**Supplied entries:**
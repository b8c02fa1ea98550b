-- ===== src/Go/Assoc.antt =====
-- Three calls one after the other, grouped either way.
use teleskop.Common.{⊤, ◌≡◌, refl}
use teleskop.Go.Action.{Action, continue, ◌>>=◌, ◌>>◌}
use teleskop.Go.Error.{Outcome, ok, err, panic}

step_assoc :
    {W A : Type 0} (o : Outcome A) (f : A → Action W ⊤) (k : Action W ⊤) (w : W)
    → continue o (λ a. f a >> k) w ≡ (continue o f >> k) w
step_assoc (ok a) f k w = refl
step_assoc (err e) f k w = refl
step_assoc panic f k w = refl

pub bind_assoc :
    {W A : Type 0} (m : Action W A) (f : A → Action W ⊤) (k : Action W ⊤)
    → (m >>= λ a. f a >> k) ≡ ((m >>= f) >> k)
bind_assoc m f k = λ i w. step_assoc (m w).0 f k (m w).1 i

**Prompt:**
In the listing above, locate each line with "Type" and copy it.

**Output for this task:**
    {W A : Type 0} (o : Outcome A) (f : A → Action W ⊤) (k : Action W ⊤) (w : W)
    {W A : Type 0} (m : Action W A) (f : A → Action W ⊤) (k : Action W ⊤)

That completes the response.